L'avocat du gouvernement, l'ancien ministre de la Justice de Dilma Rousseff José Eduardo Cardozo, avait convaincu lundi le président par intérim de la chambre basse Waldir Maranhao d'annuler l'approbation de la procédure par une écrasante majorité de députés le 17 avril.

Mais cette manoeuvre a échoué: le président du Sénat Renan Calheiros a décidé dans l'après-midi d'ignorer cette "demande intempestive".

Pressé de toutes parts, le fantasque député Maranhao, lui-même soupçonné de corruption et notoirement peu préparé pour ses nouvelles fonctions, a ensuite annulé sa propre annulation de la procédure, sans explications.

L'initiative du député Maranhao a déchaîné les éditorialistes: "Surprise grotesque" (Folha de S.Paulo) ; "Acte irresponsable à la hauteur du bas clergé" du parlement (O Globo); "Il ne manquait plus que celle là" (Estado de S.Paulo).

Si le TSF n'interrompt pas le processus, Mme Rousseff devrait être écartée provisoirement du pouvoir dès mercredi soir ou jeudi matin.

Les 81 sénateurs brésiliens se réuniront mercredi à 09H00 (12H00 GMT) en séance plénière pour se prononcer sur l'ouverture formelle d'un procès en destitution de Mme Rousseff pour maquillage des comptes publics.

L'issue du vote, à la majorité simple, ne fait pratiquement plus aucun doute: une cinquantaine de sénateurs ont anticipé un revers pour Mme Rousseff, 68 ans, première femme élue à la tête du plus grand pays d'Amérique latine.

Cette ancienne guerillera torturée sous la dictature serait alors automatiquement écartée du pouvoir pour au maximum six mois, dans l'attente du jugement final des sénateurs.
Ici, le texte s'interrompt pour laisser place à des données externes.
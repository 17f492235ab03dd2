-- ===== src/Examples/Sessions.antt =====
-- A client of a node that does not lead, and a client that sends no message at all.
use raft_distributed_consens.Node.{Node, leader}
use raft_distributed_consens.Storage.{get_request_result, result_of}
use raft_distributed_consens.Client.{run_attempts, find_peer, answered}
use raft_distributed_consens.Requests.{find_callback}
use raft_distributed_consens.Exchange.Redirect.{redirected_to_leader, IsServed}
use raft_distributed_consens.Exchange.{attempt, gateway}
use raft_distributed_consens.Examples.Environment.{
  Pairs, environment, print_entry, read_entry, read-print_entry, sign, sign_of, sign_lem,
}
use raft_distributed_consens.Examples.Nodes.{fresh, payment}
use raft_distributed_consens.Gateway.{ClientProto, Session, reading, read_loop}
use raft_distributed_consens.Gateway.Service.{stream, serve, outcome, read_loop-serve}
use raft_distributed_consens.Gateway.Ends.{read_loop-ends}
use raft_distributed_consens.Messages.{ClientRequest, ClientResponse, LogEntry}
use raft_distributed_consens.Prelude.{
  true, List, false, [], ◌∷◌, Bytes, some, ap, Bool-cases, inl, ◌==◌, if◌then◌else◌, ◌≡◌, ◌≢◌, refl,
  arith, pos, ℕ, ℤ, codes, eq_ℤ, Option, none, inr,
}

-- The messages between client and gateway, written in the same way.
abbrev pub print_request : ClientRequest → Bytes
print_request r = print_entry (record { term = 0; index = 0; command = r })

abbrev pub print_response : ClientResponse → Bytes
print_response r =
    (if r.success then 1 else 0) ∷ (sign r.leader_hint).0 ∷ (sign r.leader_hint).1 ∷ r.result

abbrev pub read_response : Bytes → ClientResponse
read_response (c ∷ s ∷ n ∷ m) = record { success = c == 1; result = m; leader_hint = sign_of s n }
read_response _ = record { success = false; result = []; leader_hint = pos 0 }

pub read-print_response : (r : ClientResponse) → read_response (print_response r) ≡ r
read-print_response r = elim (Bool-cases r.success) [
  | inl ok ↦ rw (ok, sign_lem) refl
  | inr refused ↦ rw (refused, sign_lem) refl
]

abbrev pub client_proto : ClientProto
client_proto = record {
  serialize_request = print_request;
  parse_request = λ b. some (read_entry b).command;
  serialize_response = print_response;
  parse_response = read_response;
  parse-serialize_request = λ r.
      ap (λ (e : LogEntry). some e.command)
        (read-print_entry (record { term = 0; index = 0; command = r }));
  parse-serialize_response = read-print_response;
}

abbrev greeting : Session
greeting = record {
  input = stream print_request (payment ∷ payment ∷ []);
  started = [];
  status = reading;
}

read_loop-serve_example :
    read_loop 3 client_proto 4 fresh greeting
    ≡ outcome client_proto greeting (serve 4 fresh (payment ∷ payment ∷ []))
read_loop-serve_example =
    read_loop-serve client_proto 4 fresh (payment ∷ payment ∷ []) []
      (omega arith, (omega arith, tt))

abbrev noise : Session
noise = record { input = 0 ∷ 0 ∷ 0 ∷ 9 ∷ 1 ∷ []; started = []; status = reading }

read_loop-ends_example : (read_loop 6 client_proto 4 fresh noise).1.status ≢ reading
read_loop-ends_example = read_loop-ends client_proto 4 fresh noise

-- The client of two gateways, the second of which leads to a leader, which applies the payment.
abbrev gateways : ℕ → Node Pairs
gateways i = if i == 1 then record fresh { state = leader } else record fresh { leader_id = pos 2 }

abbrev paid : ClientResponse
paid = record { success = true; result = codes "Success"; leader_hint = pos 2 }

abbrev later : ℕ → Option ClientResponse
later i = if i == 1 then some paid else none

abbrev two_peers : List (ℤ × ℕ)
two_peers = (pos 1, 9001) ∷ (pos 2, 9002) ∷ []

second_found : find_peer (pos 2) 0 two_peers ≡ some 1
unfolding find_peer eq_ℤ
second_found = refl

new_to_leader : IsServed (gateways 1) payment (later 1) paid
unfolding get_request_result result_of find_callback
new_to_leader = inr (refl, refl, refl)

redirected_to_leader_example :
    let network =
      λ (i : ℕ). attempt client_proto payment (gateway client_proto 4 (gateways i) (later i)) in
    (network 1 ≡ answered paid) × (run_attempts 5 two_peers (λ _ i. network i) 0 ≡ (1, true))
redirected_to_leader_example =
    redirected_to_leader client_proto payment 4 3 0 1 two_peers gateways later paid (omega arith)
      (omega arith) (omega arith) (λ e. cc) (λ e. ground arith) second_found refl new_to_leader refl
Elle serait remplacée d'ici la fin de la semaine par son ancien allié devenu rival, le vice-président Michel Temer, 75 ans, dirigeant du grand parti centriste PMDB qui a claqué fin mars la porte de la coalition au pouvoir.

M. Temer peaufine en coulisses la formation d'un gouvernement de redressement économique attendu avec impatience par les marchés, avec à la clé un programme de mesures impopulaires: coupes budgétaires, réformes du régime des retraites, du droit du travail.

Lors de la session de mercredi, chaque sénateur disposera de 15 minutes de temps de parole s'il le souhaite. La séance pourrait donc durer une vingtaine d'heures et le vote n'intervenir que jeudi matin. Le président du Sénat souhaite boucler la séance dès mercredi soir.

Des manifestations de soutien à la présidente Rousseff ont été organisées mardi dans 15 Etats et dans le District fédéral (capitale Brasilia).

A Brasilia, les autorités ont érigé devant le Sénat un mur de panneaux métalliques pour séparer les manifestants pro et anti-destitution.

L'opposition accuse Mme Rousseff d'avoir dissimulé l'ampleur des déficits publics en 2014, année de sa réélection, et en 2015, en faisant supporter aux banques publiques des dizaines de milliards de dépenses incombant au gouvernement.

Mme Rousseff nie avoir commis un quelconque "crime de responsabilité", alléguant que tous ses prédécesseurs ont eu recours à ces tours de passe-passe budgétaires.

Elle se dit victime d'un "coup d'Etat parlementaire" sans base légale et exclut toute démission.

Environ 60% des Brésiliens souhaitent son départ, selon les derniers sondages. Mais ils sont à peu près aussi nombreux à vouloir celui de Michel Temer, crédité d'à peine 1 à 2% d'intentions de vote en cas de présidentielle, et à souhaiter des élections anticipées.

Le géant émergent d'Amérique latine est englué depuis début 2015 dans sa pire récession économique depuis des décennies, sur fond d'envolée de la dette, des déficits publics et du chômage.

Le gouvernement du Parti des travailleurs (PT, gauche), au pouvoir depuis 2003, est en outre éclaboussé de plein fouet par le gigantesque scandale de corruption autour du groupe public pétrolier Petrobras.

Pratiquement toute l'élite politique brésilienne est visée par les scandales de corruption, de l'ex-président Lula, mentor de Mme Rousseff, au chef de l'opposition Aecio Neves (centre-droit) en passant par le PMDB de M. Temer.